As the story opens, Alto has just managed some quality time with their crush, ship’s psychologist Esme, when they awaken to find her missing and the entire vessel overrun with horrific monsters resembling giant brains trailing a mass of tentacle-like extrusions. Whatever these beings are, they’re capable of hacking not only human minds but human bodies as well, absorbing victims into their biomass. But by a lucky accident, Alto — who has already undergone quite a lot of body modification — ends up with nodes from a wraith robot embedded into their skull. This not only enhances Alto’s own mental faculties but protects them from the brains’ psychic assault as well.

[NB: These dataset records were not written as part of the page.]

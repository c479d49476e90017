-- ===== src/Api/Routes/Answers.antt =====
-- Which responses the control endpoint of backend/app/api/routes/control_deck.py gives.
use organization_ai.Base.{ℕ, String, Option, List, ◌≡◌, ◌⊎◌, inl, inr, refl, ap, sym, ◌∙◌, subst}
use organization_ai.Base.Json.{Json, Uuid}
use organization_ai.Base.Text.{is_blank}
use organization_ai.Base.Result.{PyError, Result, ok, err}
use organization_ai.Domain.Control.Deck.{HasDisposition}
use organization_ai.Persistence.Rows.{Database}
use organization_ai.Persistence.Engine.{Engine}
use organization_ai.Application.Views.{
  TraceReadModel, ServiceError, trace_already_recorded, trace_not_found, illegal_control_action,
  control_idempotency_conflict, python_error, integrity_error,
}
use organization_ai.Application.Sound.{IsSound}
use organization_ai.Application.History.{Effects}
use organization_ai.Application.ControlDeck.{submit_control}
use organization_ai.Application.ControlDeck.Expected.{IsAnswer, IsOtherRefusal}
use organization_ai.Application.ControlDeck.Answers.{submit_control-IsAnswer}
use organization_ai.Api.Requests.{ControlCommandRequest, new_request, new_request-HasDisposition}
use organization_ai.Api.Errors.{response}
use organization_ai.Api.Routes.{
  HttpResponse, shown, refused, unhandled, respond, control_request, control_made, create_control,
}

-- The responses that the endpoint declares for a request with this key: 200, 404, 409 and 422, or a
-- refusal of the database that is not for the key.
abbrev pub IsDeclared : Option String → HttpResponse → Type 0
IsDeclared key (shown status location view) = status ≡ 200
IsDeclared key (refused r) = (r.status_code ≡ 404) ⊎ ((r.status_code ≡ 409) ⊎ (r.status_code ≡ 422))
IsDeclared key (unhandled (integrity_error e)) = IsOtherRefusal key e
IsDeclared key (unhandled _) = ⊥

respond-IsDeclared :
    (key : Option String) (repr : String → String) (location : TraceReadModel → Option String)
    (answer : Result ServiceError TraceReadModel)
    → IsAnswer key answer
    → IsDeclared key (respond repr 200 location answer)
unfolding respond response
respond-IsDeclared key repr location (ok view) h = refl
respond-IsDeclared key repr location (err (trace_already_recorded case_id)) h = absurd h
respond-IsDeclared key repr location (err (trace_not_found t)) h = inl refl
respond-IsDeclared key repr location (err (illegal_control_action t state command detail)) h =
    inr (inl refl)
respond-IsDeclared key repr location (err (control_idempotency_conflict t taken)) h = inr (inl refl)
respond-IsDeclared key repr location (err (python_error e)) h = absurd h
respond-IsDeclared key repr location (err (integrity_error e)) h = h

module _ (engine : Engine) (sha256 : List ℕ → String) (repr : String → String)
    (errors : PyError → List Json) (fx : Effects) (others : Database → Database) (trace_id : Uuid)
    (body : ControlCommandRequest) (db : Database) (sound : IsSound db)
    (sound' : IsSound (others db)) where
  control_made-IsDeclared :
      (made : Result PyError ControlCommandRequest)
      → new_request body ≡ made
      → IsDeclared body.idempotency_key
          (control_made engine sha256 repr errors fx others trace_id made db).0
  unfolding control_made response
  control_made-IsDeclared (err e) h = inr (inr refl)
  control_made-IsDeclared (ok command) h =
      let (same, solid, given) = new_request-HasDisposition body h in
      let answer =
        (submit_control engine sha256 fx others (control_request trace_id command) db).0 in
      respond-IsDeclared body.idempotency_key repr _ answer (
        subst (λ (c : ControlCommandRequest). IsAnswer c.idempotency_key answer) same
          (submit_control-IsAnswer engine sha256 fx others (control_request trace_id command) db
            (ap (λ (c : ControlCommandRequest). is_blank c.reason) same ∙ solid)
            (subst (λ (c : ControlCommandRequest). HasDisposition c.command c.disposition)
              (sym same) given)
            sound sound'))

  -- Whatever the body: if every trace of the tables can be replayed, and every trace as other
  -- transactions leave them, then the endpoint answers 200 with a view, or 404, 409 or 422 in the error
  -- envelope. The one exception that can leave it is an integrity error that names a constraint of the
  -- tables; where the body has a key, it is not the unique index on the keys, so a key that another
  -- transaction has taken meanwhile is answered, too.
  pub create_control-IsDeclared :
      IsDeclared body.idempotency_key
        (create_control engine sha256 repr errors fx others trace_id body db).0
  unfolding create_control
  create_control-IsDeclared = control_made-IsDeclared (new_request body) refl
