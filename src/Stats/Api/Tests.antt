-- ===== src/Stats/Api/Tests.antt =====
-- Runs of internal/wait0/statapi/controller.go.
use wait.Base.{
  ◌≡◌, refl, none, some, List, [], ◌∷◌, str, str_eq, lookup, insert, member, trim_space, trim_left,
  is_space, equal_fold, fold_case, unique_from,
}
use wait.Cache.Entry.{Entry, zero_entry, entry_logical_size, put_async, offer}
use wait.Cache.Ram.{new_ram, add_item, add_to_front, put, item_meta, make_room}
use wait.Cache.Ram as Memory
use wait.Cache.Disk as Stored
use wait.Cache.Disk.{disk_meta, put_later}
use wait.Auth.{
  TokenConfig, scope_set, to_token, tokens_of, new_authenticator, fields_from, fields, bearer_token,
  parse_bearer_token, find_token, authenticate_bearer, authorized_for_scope,
}
use wait.Proxy.{Service, encoded, ram_put, store}
use wait.Proxy.Samples.{empty, fresh, settings, times}
use wait.Stats.Api.{
  StatRequest, Controller, to_stat_meta, refresh_duration_stats_millis, size_of, is_from_sitemap,
  count_meta, meta_at, count_keys, resp_stats, is_endpoint_path, ram_meta, disk_meta_of, all_keys,
  totals_of, build_snapshot, get_snapshot, after_auth, handle,
}
use wait.Stats.Api.Bounds.{sum_sizes}
use wait.Stats.Api.Fresh.{Moment, begins, requested, IsFresh, handle-IsFresh}

program : Unit {0}
unfolding str_eq lookup insert member trim_space trim_left is_space equal_fold fold_case unique_from
    entry_logical_size put_async offer new_ram add_item add_to_front put item_meta make_room
    Memory.meta_snapshot Stored.meta_snapshot disk_meta put_later scope_set to_token tokens_of
    new_authenticator fields_from fields bearer_token parse_bearer_token find_token
    authenticate_bearer authorized_for_scope encoded ram_put store to_stat_meta
    refresh_duration_stats_millis size_of is_from_sitemap count_meta meta_at count_keys resp_stats
    is_endpoint_path ram_meta disk_meta_of all_keys totals_of build_snapshot get_snapshot after_auth
    handle sum_sizes
program = tt

abbrev found : Entry
found = record zero_entry { body = 1 ∷ 2 ∷ 3 ∷ []; discovered_by = str "Sitemap" }

-- A cache in memory with two entries.
abbrev warm : Service empty
warm =
    store empty settings times (str "/b") zero_entry
      (store empty settings times (str "/a") found fresh)

abbrev tokens : List TokenConfig
tokens = record { id = str "ci"; token = str "t"; scopes = str "stats:read" ∷ [] } ∷ []

abbrev controller : Controller
controller = record { authn = some (new_authenticator tokens); kept = none }

abbrev request : StatRequest
request = record { method = str "GET"; path = str "/wait0"; authorization = str "Bearer t" }

snapshot_run :
    (build_snapshot empty none 9 warm).response_size_bytes ≡ record { min = 0; avg = 1; max = 3 }
unfolding program
snapshot_run = refl

abbrev moment : Moment empty
moment = record { at = 9; stats = none; service = warm }

abbrev later : Moment empty
later = record { at = 10; stats = none; service = fresh }

-- The second request gets the snapshot of the first one, although the caches are empty by then.
handle-IsFresh_example :
    IsFresh empty later
      (moment ∷ [])
      (authenticate_bearer (some (new_authenticator tokens)) (str "Bearer t"))
      (build_snapshot empty none 9 warm)
unfolding program
handle-IsFresh_example =
    handle-IsFresh empty (some (new_authenticator tokens)) (moment ∷ [])
      (handle empty none 9 warm request controller).0 later request
      (build_snapshot empty none 9 warm) (requested moment request [] controller begins) refl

It’s now a race against time. Alto naturally has to get from one end of the Yellowjacket to the other, accompanied by the ship’s only remaining wraith, Zelany. It is entirely okay to enjoy the story strictly on this level, as a kind of video game pastiche with our hero surviving challenge after challenge, culminating in a climactic boss battle. As a sci-fi popcorn novella, it’s short and pacey enough to deliver plenty of entertainment value without overstaying its welcome. But the most fun you’ll have with Your Mind Is a Terrible Thing comes from peeling back all the layers of creativity Piper is working with here.

For instance, there’s the nice cyberpunk touch where Alto’s gender-fluidity has been physically realized with a biotech prosthesis that can, shall we say, go either direction depending on Alto’s choice of partner. (There is quite possibly no more cyberpunk thing a person can do to their body than change their sex.) As a person, Alto is an absolute chaos of deep-seated anxiety disorders, and if Piper wanted to be wildly unsubtle with her battling-mental-illness metaphors, than she couldn’t have done it better than to have her poor protagonist attacked by a horde of angry brains. All kidding aside, where most stories like this feature a crew getting picked off one by one in cliché fashion by generic monstrosities, Piper lets this novella be Alto’s story about overcoming their personal inner demons. The action has higher stakes not because the fate of the universe is at risk (although it kinda is), but because of the empathy we feel for this lone fighter who isn’t ready for any of this but has to step up and rise to the occasion anyway.

Finally, there are two popular SF tropes Piper has fun playing with: that of human-to-alien communication (which most of you will be familiar with from the film Arrival and the Ted Chiang story it adapted), and the distinctly Lovecraftian fixation on insanity. I won’t spoil exactly how she adapts and explores those ideas to suit her storytelling purposes, because this tale really comes alive when you experience that for yourself. But Piper never takes the easy, conventional approach at any point, right down to the little grace notes like Alto’s harmonica. When you go into a story expecting nothing more than undemanding entertainment and a bloody good time, only to find out you ended up with one that had all of that and brains…now that is a wonderful thing.